« Les enfants demandent trop maintenant. Tu ne les connais pas. Ils ne te connaissent pas. »
Amin (Moustapha Mbengue) est venu du Sénégal pour travailler en France, il y a neuf ans. Il a laissé au pays sa femme Aïcha (Marème N’diaye) et leurs trois enfants. En France, Amin n’a d’autre vie que son travail, d’autres amis que les hommes qui résident au foyer. Aïcha ne voit son mari qu’une à deux fois par an, pour une ou deux semaines, parfois un mois. Elle accepte cette situation comme une nécessité de fait : l’argent qu’Amin envoie au Sénégal fait vivre plusieurs personnes. Un jour, en France, Amin rencontre Gabrielle (Emmanuelle Devos) et une liaison se noue. Au début, Amin est très retenu. Il y a le problème de la langue, de la pudeur. Jusque-là, séparé de sa femme, il menait une vie consacrée au devoir et savait qu’il fallait rester vigilant.
Avec Amin, Philippe Faucon offre un film qui montre une des dures réalités de l’immigration : vivre à distance de ceux qu’on aime. Son film sera présenté dans le cadre de la programmation d’Histoires d’Immigrants Francophones.
Qui ne connaît pas l’expression « une image vaut mille mots »? Dans Amin, elle prend tout son sens. En France, Amin ne parle pas beaucoup. Il est discret, comme s’il cherchait à s’effacer. Mais la réalité est que, comme beaucoup d’immigrants, il n’a pas la même maîtrise de la langue que les gens qui ont grandi dans le pays d’accueil. Il ne possède pas toujours tous les codes des milieux dans lesquels il évolue. Et il porte en lui une histoire (l’exil, la séparation prolongée d’avec ses proches, dont il pourvoit aux besoins) qu’il ne partage que dans l’intime. C’est un personnage réaliste, qui est représentatif de la réalité, sans devenir pour autant un stéréotype.
Le réalisateur utilise bien cette « non-communication » afin de montrer les émotions, les sentiments, plutôt que de mettre des phrases vides dans la bouche de ses personnages. On a souvent tendance à prendre le spectateur pour un analphabète des émotions. Avec Amin, Faucon évite de faire passer la douleur intime et sourde des personnages par le dialogue. Mais la qualité de ses acteurs rend le décodage simple pour le spectateur.
Le cinéma a cette capacité de mise en parallèle très forte permettant de mettre en opposition deux univers.

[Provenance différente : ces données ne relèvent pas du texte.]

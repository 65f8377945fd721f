-- ===== src/Base/Bits/Nibbles.antt =====
-- Numbers made of a high part and a low hexadecimal digit, under the native bit operations.
use Prim.Native.Nat.{bit_and, bit_or}
use aioncore.Base.{ℕ, zero, suc, ◌+◌, ◌*◌, ◌/◌, ◌%◌, ◌≤◌, ◌<◌, ◌≡◌, arith}
use aioncore.Base.Bits.{bit_and-mask}
use aioncore.Base.Bits.Digits.{bit_or_step, bit_and_step, zero-bit_or}

bit_or-zero_below : (n x : ℕ) → x ≤ n → bit_or x 0 ≡ x
bit_or-zero_below n zero le = zero-bit_or 0
bit_or-zero_below zero (suc x) le = elim le [ ]
bit_or-zero_below (suc n) (suc x) le =
    let half : suc x / 2 ≤ n = omega arith in
    omega (arith, bit_or_step (suc x) 0, bit_or-zero_below n (suc x / 2) half)

pub bit_or-zero : (x : ℕ) → bit_or x 0 ≡ x
bit_or-zero x = bit_or-zero_below x x (omega arith)

-- A number whose low digit is free, and a low digit.
pub bit_or-nibble : (h l : ℕ) → l < 16 → bit_or (16 * h) l ≡ 16 * h + l
bit_or-nibble h l lt =
    let a : 16 * h / 2 ≡ 8 * h = omega arith in
    let b : 8 * h / 2 ≡ 4 * h = omega arith in
    let c : 4 * h / 2 ≡ 2 * h = omega arith in
    let d : 2 * h / 2 ≡ h = omega arith in
    let z : l / 2 / 2 / 2 / 2 ≡ 0 = omega arith in
    let e0 : bit_or (2 * h / 2) (l / 2 / 2 / 2 / 2) ≡ h + l / 2 / 2 / 2 / 2 =
      rw (d, z) (omega (arith, bit_or-zero h)) in
    let e1 : bit_or (2 * h) (l / 2 / 2 / 2) ≡ 2 * h + l / 2 / 2 / 2 =
      omega (arith, bit_or_step (2 * h) (l / 2 / 2 / 2), e0) in
    let e2 : bit_or (4 * h) (l / 2 / 2) ≡ 4 * h + l / 2 / 2 =
      omega (arith, rw c at (bit_or_step (4 * h) (l / 2 / 2)), e1) in
    let e3 : bit_or (8 * h) (l / 2) ≡ 8 * h + l / 2 =
      omega (arith, rw b at (bit_or_step (8 * h) (l / 2)), e2) in
    omega (arith, rw a at (bit_or_step (16 * h) l), e3)

-- `x & 0xF0` on a byte
pub bit_and-high : (x : ℕ) → bit_and x 0xF0 ≡ 16 * (x / 16 % 16)
bit_and-high x =
    let q : x / 2 / 2 / 2 / 2 ≡ x / 16 = omega arith in
    let m : bit_and (x / 2 / 2 / 2 / 2) 15 ≡ x / 16 % 16 = rw q (bit_and-mask 4 (x / 16)) in
    omega (
      arith,
      bit_and_step x 240,
      bit_and_step (x / 2) 120,
      bit_and_step (x / 2 / 2) 60,
      bit_and_step (x / 2 / 2 / 2) 30,
      m,
    )
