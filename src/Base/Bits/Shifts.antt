-- ===== src/Base/Bits/Shifts.antt =====
-- Words made of a high part and low bits, under the native bit operations.
use Prim.Native.Nat.{bit_and, bit_or}
use aioncore.Base.{ℕ, zero, suc, ◌+◌, ◌*◌, ◌/◌, ◌%◌, ◌^◌, ◌<◌, ◌≡◌, refl, arith}
use aioncore.Base.Bits.{bit_and-mask}
use aioncore.Base.Bits.Digits.{bit_or_step, bit_and_step, zero-bit_or}
use aioncore.Base.Bits.Nibbles.{bit_or-zero}

-- `x << k`, and `x >> k`
abbrev shift : (k x : ℕ) → ℕ
shift zero x = x
shift (suc k) x = 2 * shift k x

abbrev halve : (k x : ℕ) → ℕ
halve zero x = x
halve (suc k) x = halve k (x / 2)

bit_or-shift : (k h l : ℕ) → l < shift k 1 → bit_or (shift k h) l ≡ shift k h + l
bit_or-shift zero h l lt = let z : l ≡ 0 = omega arith in rw z (omega (arith, bit_or-zero h))
bit_or-shift (suc k) h l lt =
    let half : 2 * shift k h / 2 ≡ shift k h = omega arith in
    omega
      (arith, rw half at (bit_or_step (2 * shift k h) l), bit_or-shift k h (l / 2) (omega arith))

bit_and-shift : (k x m : ℕ) → bit_and x (shift k m) ≡ shift k (bit_and (halve k x) m)
bit_and-shift zero x m = refl
bit_and-shift (suc k) x m =
    let half : 2 * shift k m / 2 ≡ shift k m = omega arith in
    omega (arith, rw half at (bit_and_step x (2 * shift k m)), bit_and-shift k (x / 2) m)

-- `frame | flags`, for a frame's address and flags below the frame size
pub bit_or-frame : (f l : ℕ) → l < 4096 → bit_or (f * 4096) l ≡ f * 4096 + l
bit_or-frame f l lt =
    let e : shift 12 f ≡ f * 4096 = omega arith in rw e at (bit_or-shift 12 f l (omega arith))

-- `(high << 8) | low`
pub bit_or-below : (h l : ℕ) → l < 256 → bit_or (h * 256) l ≡ h * 256 + l
bit_or-below h l lt =
    let e : shift 8 h ≡ h * 256 = omega arith in rw e at (bit_or-shift 8 h l (omega arith))

-- `x & ~0xFFF`
pub bit_and-frame : (x : ℕ) → bit_and x 0xFFFFF000 ≡ x / 4096 % 2 ^ 20 * 4096
bit_and-frame x =
    let e : halve 12 x ≡ x / 4096 = omega arith in
    let s = rw e at (bit_and-shift 12 x 0xFFFFF) in omega (arith, s, bit_and-mask 20 (x / 4096))

bit_or-fresh : (k x : ℕ) → halve k x % 2 ≡ 0 → bit_or x (shift k 1) ≡ x + shift k 1
bit_or-fresh zero x z = omega (arith, bit_or_step x 1, bit_or-zero (x / 2))
bit_or-fresh (suc k) x z =
    let half : 2 * shift k 1 / 2 ≡ shift k 1 = omega arith in
    omega (arith, rw half at (bit_or_step x (2 * shift k 1)), bit_or-fresh k (x / 2) z)

-- Setting the bits 1 and 2, and reading the bits 1, 2 and 3.
pub bit_or-two : (x : ℕ) → x / 2 % 2 ≡ 0 → bit_or x 2 ≡ x + 2
bit_or-two = bit_or-fresh 1

pub bit_or-four : (x : ℕ) → x / 4 % 2 ≡ 0 → bit_or x 4 ≡ x + 4
bit_or-four x z = bit_or-fresh 2 x (omega arith)

pub bit_and-two : (x : ℕ) → bit_and x 2 ≡ 2 * (x / 2 % 2)
bit_and-two x = omega (arith, bit_and-shift 1 x 1, bit_and-mask 1 (x / 2))

pub bit_and-four : (x : ℕ) → bit_and x 4 ≡ 4 * (x / 4 % 2)
bit_and-four x = omega (arith, bit_and-shift 2 x 1, bit_and-mask 1 (x / 2 / 2))

pub bit_and-eight : (x : ℕ) → bit_and x 8 ≡ 8 * (x / 8 % 2)
bit_and-eight x = omega (arith, bit_and-shift 3 x 1, bit_and-mask 1 (x / 2 / 2 / 2))

-- `x & ~7`
pub bit_and-eights : (x : ℕ) → bit_and x 0xFFFFFFF8 ≡ x / 8 % 2 ^ 29 * 8
bit_and-eights x =
    let e : halve 3 x ≡ x / 8 = omega arith in
    let s = rw e at (bit_and-shift 3 x 0x1FFFFFFF) in omega (arith, s, bit_and-mask 29 (x / 8))

-- Low bits that are joined with bits above them, and bits that are all set.
bit_or-above :
    (k x l h : ℕ) → l < shift k 1 → bit_or (shift k x + l) (shift k h) ≡ shift k (bit_or x h) + l
bit_or-above zero x l h lt =
    let z : l ≡ 0 = omega arith in let e : x + 0 ≡ x = omega arith in rw z (rw e (omega arith))
bit_or-above (suc k) x l h lt =
    let a : (2 * shift k x + l) / 2 ≡ shift k x + l / 2 = omega arith in
    let b : 2 * shift k h / 2 ≡ shift k h = omega arith in
    let step = rw a at (rw b at (bit_or_step (2 * shift k x + l) (2 * shift k h))) in
    omega (arith, step, bit_or-above k x (l / 2) h (omega arith))

ones : ℕ → ℕ
ones zero = 0
ones (suc k) = 1 + 2 * ones k

bit_or-ones : (k x : ℕ) → x < shift k 1 → bit_or (ones k) x ≡ ones k
unfolding ones
bit_or-ones zero x lt = let z : x ≡ 0 = omega arith in rw z refl
bit_or-ones (suc k) x lt =
    let a : (1 + 2 * ones k) / 2 ≡ ones k = omega arith in
    let step = rw a at (bit_or_step (1 + 2 * ones k) x) in
    omega (arith, step, bit_or-ones k (x / 2) (omega arith))

pub bit_or-byte : (l h : ℕ) → l < 256 → bit_or l (h * 256) ≡ l + h * 256
bit_or-byte l h lt =
    let a : shift 8 h ≡ h * 256 = omega arith in
    let b : shift 8 0 + l ≡ l = omega arith in
    let s = rw b at (rw a at (bit_or-above 8 0 l h (omega arith))) in
    omega (arith, s, zero-bit_or h)

-- a byte below a byte of ones
pub bit_or-full : (l h : ℕ) → l < 256 → h < 256 → bit_or (0xFF00 + l) (h * 256) ≡ 0xFF00 + l
unfolding ones
bit_or-full l h a b =
    let e : shift 8 h ≡ h * 256 = omega arith in
    let s = rw e at (bit_or-above 8 255 l h (omega arith)) in
    omega (arith, s, bit_or-ones 8 h (omega arith))

pub bit_or-nibbles : (l h : ℕ) → l < 16 → bit_or l (h * 2 ^ 4) ≡ l + h * 16
bit_or-nibbles l h lt =
    let a : shift 4 h ≡ h * 2 ^ 4 = omega arith in
    let b : shift 4 0 + l ≡ l = omega arith in
    let s = rw b at (rw a at (bit_or-above 4 0 l h (omega arith))) in
    omega (arith, s, zero-bit_or h)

Faucon fait, ici, passer le spectateur directement d’une séquence dans le pays d’origine à une séquence dans le pays d’accueil, avec un effet de rupture, de confrontation immédiate de tout ce que contiennent les images : les conditions de vie, les préoccupations des personnages, les enjeux sociaux ou familiaux.
Ce qui est particulièrement frappant aussi, pour le spectateur, c’est l’attitude d’Amin dans les deux pays. Sa présence forte et assumée au Sénégal fait place à une sorte de soumission en France. La question qui reste en tête est la même que bien des familles séparées par la migration doivent avoir : combien de temps mon être aimé me restera fidèle? Pour connaitre des gens qui sont dans cette situation, il me semble impossible de croire que ces vies familiales peuvent continuer d’exister selon les normes de fidélité sociétale normales. J’ai l’impression que c’est, en quelque sorte, ce que montre Amin.
Philippe Faucon n’en est pas à son premier film qui traite d’enjeux sociétaux. Mais avec Amin, il amène son cinéma dans un racoin qui a été peu exploré : la variété des relations familiales formées par l’immigration en France. Oui, Amin est un exemple, une option. On pourrait aussi regarder les autres personnages, qui ont tous une réalité bien précise et nuancée.
Il offre donc, ici, une œuvre solide, dirigée à la perfection, avec des acteurs qui livrent la marchandise.
Amin est présenté dans le cadre de Histoires d’immigrants francophones, du 31 janvier au7 février 2022.